A popular commercially available high-stretch elastic adhesive tape known as KINESIO TEX™, is manufactured by Kinesio Co., Ltd. of Japan and disclosed in U.S. Pat. Nos. 5,861,348 and 7,902,420. This elastic tape is designed for maximum range of motion and provides 140% elasticity (about same as basic elasticity found in skin and muscles), allowing it to work with the body. It does not limit range of motion and ineffective in preventing excessive stretching of the plantar fascia. It is sold in rolls and also has the same disadvantages and tapping difficulties of other adhesive tapes as discussed above.
Another example of non-surgical treatment for plantar fasciitis is the use of elastic compression sock worn over the patient's foot or an elastic bandage or band worn around the mid-foot. These elastic devices exert compressive forces along the longitudinal and transverse axes of the patient's foot.

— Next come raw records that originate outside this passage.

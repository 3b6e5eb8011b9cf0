-- ===== src/Server/Parser/Streams.antt =====
-- Sequences of commands, and what comes behind a broken frame.
use k230_lr2021_radio.Prelude.{
  ℕ, suc, ◌+◌, ◌≡◌, refl, ap, ap₂, sym, ◌∙◌, ◌≤◌, ◌<◌, List, [], ◌∷◌, ◌++◌, map, arith, length,
  sub32, true, Bool,
}
use k230_lr2021_radio.Server.Parser.{
  Parser, State, Action, nothing, on_byte, take_byte, resync, is_tag,
}
use k230_lr2021_radio.Server.Parser.Timing.{IsIdle, IsPrompt, Makes, Makes-end, feed, emit}
use k230_lr2021_radio.Server.Parser.Commands.{Command, encode, IsSendable, call_of, command-Makes}

abbrev pub stream : List Command → List ℕ
stream [] = []
stream (c ∷ cs) = encode c ++ stream cs

abbrev pub AllSendable : List Command → Type 0
AllSendable [] = Unit {0}
AllSendable (c ∷ cs) = IsSendable c × AllSendable cs

emit-append : (a : Action) (xs ys : List Action) → emit a (xs ++ ys) ≡ emit a xs ++ ys
emit-append nothing xs ys = refl
emit-append _ xs ys = refl

feed-append :
    (times : ℕ → ℕ) (xs ys : List ℕ) (i j : ℕ) (p : Parser)
    → j ≡ i + length xs
    → let r = feed times i xs p in
      let r' = feed times j ys r.0 in feed times i (xs ++ ys) p ≡ (r'.0, r.1 ++ r'.1)
unfolding feed
feed-append times [] ys i j p e = ap (λ k. feed times k ys p) {x = i} {y = j} (omega arith)
feed-append times (x ∷ xs) ys i j p e =
    let (q, a, _) = on_byte (times i) x p in
    let r = feed times (suc i) xs q in
    ap (λ (t : Parser × List Action). let out : Parser × List Action = (t.0, emit a t.1) in out)
      (feed-append times xs ys (suc i) j q (omega arith))
    ∙ ap (λ calls. let out : Parser × List Action = ((feed times j ys r.0).0, calls) in out)
        (emit-append a r.1 (feed times j ys r.0).1)

Makes-join :
    (times : ℕ → ℕ) (xs ys : List ℕ) (i : ℕ) (p : Parser) (before after : List Action)
    → Makes before p (feed times i xs p)
    → ((j : ℕ) (q : Parser) → IsIdle q → Makes after q (feed times j ys q))
    → Makes (before ++ after) p (feed times i (xs ++ ys) p)
Makes-join times xs ys i p before after m rest =
    let q = (feed times i xs p).0 in
    let n = rest (i + length xs) q m.idle in
    rw (feed-append times xs ys i (i + length xs) p refl) (record {
      idle = n.idle;
      called = ap₂ ◌++◌ m.called n.called;
      none_killed = n.none_killed ∙ m.none_killed;
    })

module _ (times : ℕ → ℕ) (prompt : IsPrompt times) where
  -- A stream of commands within the limits of the protocol, sent between frames with no gap of
  -- over 100 ms, is read back as it was sent: one call for each command, in order, and no frame
  -- killed; the parser is left between frames.
  pub stream-Makes :
      (cs : List Command) (i : ℕ) (p : Parser)
      → IsIdle p
      → AllSendable cs
      → Makes (map call_of cs) p (feed times i (stream cs) p)
  stream-Makes [] i p idle h = Makes-end times i p idle
  stream-Makes (c ∷ cs) i p idle h =
      Makes-join times (encode c) (stream cs) i p (call_of c ∷ []) (map call_of cs)
        (command-Makes times prompt c i p idle h.0) (λ j q k. stream-Makes cs j q k h.1)

-- The idle rule is done once: doing it again at the same time changes nothing.
resync_twice : (now : ℕ) (p : Parser) → resync now (resync now p) ≡ resync now p
unfolding resync
resync_twice now p = ground arith

tag_of : (s : State) → is_tag s ≡ true → s ≡ State.tag
tag_of State.tag e = refl
tag_of _ e = cc

-- A gap of over 100 ms puts the parser between frames, whatever it was in.
resync_gap : (now : ℕ) (p : Parser) → 100 < sub32 now p.last_arrival_ms → IsIdle (resync now p)
unfolding resync
resync_gap now p h = ground (arith, tag_of p.state)

-- At most one frame is counted as killed.
resync-killed :
    (now : ℕ) (p : Parser)
    → p.parser_frames_killed + 1 < 4294967296
    → (p.parser_frames_killed ≤ (resync now p).parser_frames_killed)
      × ((resync now p).parser_frames_killed ≤ p.parser_frames_killed + 1)
unfolding resync
resync-killed now p h = ground arith

on_byte-resync : (now b : ℕ) (p : Parser) → on_byte now b p ≡ on_byte now b (resync now p)
unfolding on_byte
on_byte-resync now b p = ap (take_byte b) (sym (resync_twice now p))

feed-resync :
    (times : ℕ → ℕ) (i b : ℕ) (bs : List ℕ) (p : Parser)
    → feed times i (b ∷ bs) p ≡ feed times i (b ∷ bs) (resync (times i) p)
unfolding feed
feed-resync times i b bs p =
    ap
      (λ (t : Parser × Action × Bool).
        let r = feed times (suc i) bs t.0 in
        let out : Parser × List Action = (r.0, emit t.1 r.1) in out)
      (on_byte-resync (times i) b p)

-- A command starts with its tag.
stream-resync :
    (times : ℕ → ℕ) (i : ℕ) (c : Command) (cs : List Command) (p : Parser)
    → feed times i (stream (c ∷ cs)) p ≡ feed times i (stream (c ∷ cs)) (resync (times i) p)
stream-resync times i Command.stats cs p = feed-resync times i _ _ p
stream-resync times i _ cs p = feed-resync times i _ _ p

module _ (times : ℕ → ℕ) (prompt : IsPrompt times) where
  -- The parser recovers from any broken frame: after a gap of over 100 ms, whatever state it was
  -- left in, a stream of one command or more within the limits of the protocol, sent with no gap
  -- of over 100 ms, is read as it was sent. One frame at most is counted as killed, where the
  -- counter does not wrap.
  pub recovery-Makes :
      (c : Command) (cs : List Command) (i : ℕ) (p : Parser)
      → 100 < sub32 (times i) p.last_arrival_ms
      → AllSendable (c ∷ cs)
      → p.parser_frames_killed + 1 < 4294967296
      → let r = feed times i (stream (c ∷ cs)) p in
        IsIdle r.0
        × (r.1 ≡ map call_of (c ∷ cs))
        × (p.parser_frames_killed ≤ r.0.parser_frames_killed)
        × (r.0.parser_frames_killed ≤ p.parser_frames_killed + 1)
  recovery-Makes c cs i p gap h few =
      let m =
        stream-Makes times prompt (c ∷ cs) i (resync (times i) p) (resync_gap (times i) p gap) h in
      let k = resync-killed (times i) p few in
      rw (stream-resync times i c cs p)
        (m.idle, m.called, omega (arith, m.none_killed, k), omega (arith, m.none_killed, k))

While some patients may be willing to wear these elastic devices, they are inconvenient and cumbersome. In order to be installed on the foot, these elastic devices must be stretched to fit over the heel and toe or wrapped around the mid-foot. Because they are elastic, they allow the foot to move and stretch. Thus they have limited effectiveness in limiting the tensile stress on the plantar fascia, particularly during the propulsion phase of the gait cycle, as they do not limit deformation of the foot structure under load. Consequently, the plantar fascia may still be subjected to excessive tensile forces during the critical heeling process. Re-subjecting the plantar fascia to tensile forces before it has completely healed may re-aggravate damaged or injured portions of the plantar fascia and undermine the healing process. In addition, these elastic devices are meant to be worn multiple times and may require regular cleaning to avoid odors and foot infections. Also, they may not fit inside a shoe while being worn and may be considered unsightly or become contaminated while walking around without shoes.